━━━ Input data ━━━

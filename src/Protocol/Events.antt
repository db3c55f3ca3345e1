-- ===== src/Protocol/Events.antt =====
-- The event structures of bridge/src/protocol.py. The children read them from bytes.
pub mod Reads
pub mod Loops
pub mod Parse
use Prim.Native.String.{String}
use rose_esp.Prelude.{List}
use rose_esp.Prelude.Int.{ℤ}
use rose_esp.Struct.{Bytes}

pub record SignalEdge : Type 0 where
  pub level : ℤ
  pub duration_us : ℤ

pub record EventCmdAck : Type 0 where
  pub cmd_id : ℤ
  pub status : ℤ
  pub error_code : ℤ
  pub correlation_id : ℤ

pub record EventGpioValue : Type 0 where
  pub cmd_id : ℤ
  pub gpio : ℤ
  pub value : ℤ
  pub timestamp_us : ℤ

pub record EventGpioEdge : Type 0 where
  pub gpio : ℤ
  pub edge_type : ℤ
  pub timestamp_us : ℤ

pub record EventAdcValue : Type 0 where
  pub cmd_id : ℤ
  pub gpio : ℤ
  pub value : ℤ
  pub timestamp_us : ℤ

pub record EventGpioSignalCaptured : Type 0 where
  pub cmd_id : ℤ
  pub gpio : ℤ
  pub edge_count : ℤ
  pub timestamp_us : ℤ
  pub edges : List SignalEdge

pub record EventUartRx : Type 0 where
  pub uart_id : ℤ
  pub length : ℤ
  pub timestamp_us : ℤ
  pub received : Bytes

pub record EventThreadResponse : Type 0 where
  pub device_id : ℤ
  pub payload_len : ℤ
  pub correlation_id : ℤ
  pub timestamp_us : ℤ
  pub payload : Bytes

pub record EventSyncResponse : Type 0 where
  pub cmd_id : ℤ
  pub session_version : ℤ
  pub pending_cmd_count : ℤ
  pub pending_thread_count : ℤ
  pub port_status_count : ℤ

pub record EventPortStatus : Type 0 where
  pub resource_type : ℤ
  pub id : ℤ
  pub mode : ℤ
  pub owner : ℤ
  pub in_use : ℤ
  pub value : ℤ

pub record EventBlePairingEnabled : Type 0 where
  pub cmd_id : ℤ
  pub pin_code : Bytes
  pub timeout_s : ℤ

pub record EventBlePairingDisabled : Type 0 where
  pub reason : ℤ

pub record EventBleInRangeList : Type 0 where
  pub cmd_id : ℤ
  pub device_count : ℤ
  pub devices : List (Bytes × ℤ)

pub record EventBleDeviceInRange : Type 0 where
  pub device_mac : Bytes
  pub rssi : ℤ

pub record EventBleDeviceOutOfRange : Type 0 where
  pub device_mac : Bytes
  pub reason : ℤ

pub record EventBleRssi : Type 0 where
  pub device_mac : Bytes
  pub rssi : ℤ
  pub timestamp_us : ℤ

pub record EventHeartbeat : Type 0 where
  pub timestamp : ℤ
  pub connection_state : ℤ

pub record EventError : Type 0 where
  pub cmd_id : ℤ
  pub err_code : ℤ
  pub message : String

pub record EventUartStatus : Type 0 where
  pub uart_id : ℤ
  pub baudrate : ℤ
  pub data_bits : ℤ
  pub parity : ℤ
  pub stop_bits : ℤ
  pub tx_gpio : ℤ
  pub rx_gpio : ℤ
  pub in_use : ℤ
  pub owner : ℤ

pub record EventGpioStatus : Type 0 where
  pub gpio : ℤ
  pub mode : ℤ
  pub pull : ℤ
  pub edge : ℤ
  pub value : ℤ
  pub in_use : ℤ
  pub owner : ℤ
  pub adc_raw : ℤ
  pub adc_mv : ℤ

pub record EventBleStatus : Type 0 where
  pub pairing_enabled : ℤ
  pub scan_enabled : ℤ
  pub device_count : ℤ
  pub pairing_timeout_s : ℤ

-- An object of one of these classes: `isinstance` is the constructor.
pub data Event : Type 0 where
  cmd_ack : EventCmdAck → Event
  gpio_value : EventGpioValue → Event
  gpio_edge : EventGpioEdge → Event
  adc_value : EventAdcValue → Event
  gpio_signal_captured : EventGpioSignalCaptured → Event
  uart_rx : EventUartRx → Event
  thread_response : EventThreadResponse → Event
  sync_response : EventSyncResponse → Event
  port_status : EventPortStatus → Event
  ble_pairing_enabled : EventBlePairingEnabled → Event
  ble_pairing_disabled : EventBlePairingDisabled → Event
  ble_in_range_list : EventBleInRangeList → Event
  ble_device_in_range : EventBleDeviceInRange → Event
  ble_device_out_of_range : EventBleDeviceOutOfRange → Event
  ble_rssi : EventBleRssi → Event
  heartbeat : EventHeartbeat → Event
  error : EventError → Event
  uart_status : EventUartStatus → Event
  gpio_status : EventGpioStatus → Event
  ble_status : EventBleStatus → Event
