-- ===== src/Proxy/Logout.antt =====
-- src/proxy/mod.rs: `handle_logout` and `handle_logout_all`. The reply is the number of revoked
-- sessions or nothing; printing it as JSON is left to the server.
pub mod Final
use zero_trust_proxy.Common.{ℕ, String}
use zero_trust_proxy.World.{World, M, bind, ◌>>=◌, lift}
use zero_trust_proxy.Auth.Session.{delete_session, revoke_user_sessions}
use zero_trust_proxy.Auth.Jwt.{extract_token_from_header, validate_token}
use zero_trust_proxy.Proxy.Server.{Platform, Request, ProxyServer, header_or}

module _ {Store F : Type 0} (p : Platform Store F) (server : ProxyServer) where
  unfoldable pub handle_logout : Request → M Store (Unit {0})
  handle_logout req = do
    token ← lift (extract_token_from_header (header_or "authorization" "" req.headers))
    claims ← validate_token p.jwt p.chrono server.jwt_manager token
    delete_session p.redis p.chrono p.session_json claims.session_id

  unfoldable pub handle_logout_all : Request → M Store ℕ
  handle_logout_all req = do
    token ← lift (extract_token_from_header (header_or "authorization" "" req.headers))
    claims ← validate_token p.jwt p.chrono server.jwt_manager token
    revoke_user_sessions p.redis p.chrono p.session_json claims.sub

━━━

# To do:
Restate word for word the entries above, starting at the line with "pub resource_type : ℤ" and ending at the line with "ble_status : EventBleStatus → Event", inclusive, and no others.

# Result of this task:
  pub resource_type : ℤ
  pub id : ℤ
  pub mode : ℤ
  pub owner : ℤ
  pub in_use : ℤ
  pub value : ℤ

pub record EventBlePairingEnabled : Type 0 where
  pub cmd_id : ℤ
  pub pin_code : Bytes
  pub timeout_s : ℤ

pub record EventBlePairingDisabled : Type 0 where
  pub reason : ℤ

pub record EventBleInRangeList : Type 0 where
  pub cmd_id : ℤ
  pub device_count : ℤ
  pub devices : List (Bytes × ℤ)

pub record EventBleDeviceInRange : Type 0 where
  pub device_mac : Bytes
  pub rssi : ℤ

pub record EventBleDeviceOutOfRange : Type 0 where
  pub device_mac : Bytes
  pub reason : ℤ

pub record EventBleRssi : Type 0 where
  pub device_mac : Bytes
  pub rssi : ℤ
  pub timestamp_us : ℤ

pub record EventHeartbeat : Type 0 where
  pub timestamp : ℤ
  pub connection_state : ℤ

pub record EventError : Type 0 where
  pub cmd_id : ℤ
  pub err_code : ℤ
  pub message : String

pub record EventUartStatus : Type 0 where
  pub uart_id : ℤ
  pub baudrate : ℤ
  pub data_bits : ℤ
  pub parity : ℤ
  pub stop_bits : ℤ
  pub tx_gpio : ℤ
  pub rx_gpio : ℤ
  pub in_use : ℤ
  pub owner : ℤ

pub record EventGpioStatus : Type 0 where
  pub gpio : ℤ
  pub mode : ℤ
  pub pull : ℤ
  pub edge : ℤ
  pub value : ℤ
  pub in_use : ℤ
  pub owner : ℤ
  pub adc_raw : ℤ
  pub adc_mv : ℤ

pub record EventBleStatus : Type 0 where
  pub pairing_enabled : ℤ
  pub scan_enabled : ℤ
  pub device_count : ℤ
  pub pairing_timeout_s : ℤ

-- An object of one of these classes: `isinstance` is the constructor.
pub data Event : Type 0 where
  cmd_ack : EventCmdAck → Event
  gpio_value : EventGpioValue → Event
  gpio_edge : EventGpioEdge → Event
  adc_value : EventAdcValue → Event
  gpio_signal_captured : EventGpioSignalCaptured → Event
  uart_rx : EventUartRx → Event
  thread_response : EventThreadResponse → Event
  sync_response : EventSyncResponse → Event
  port_status : EventPortStatus → Event
  ble_pairing_enabled : EventBlePairingEnabled → Event
  ble_pairing_disabled : EventBlePairingDisabled → Event
  ble_in_range_list : EventBleInRangeList → Event
  ble_device_in_range : EventBleDeviceInRange → Event
  ble_device_out_of_range : EventBleDeviceOutOfRange → Event
  ble_rssi : EventBleRssi → Event
  heartbeat : EventHeartbeat → Event
  error : EventError → Event
  uart_status : EventUartStatus → Event
  gpio_status : EventGpioStatus → Event
  ble_status : EventBleStatus → Event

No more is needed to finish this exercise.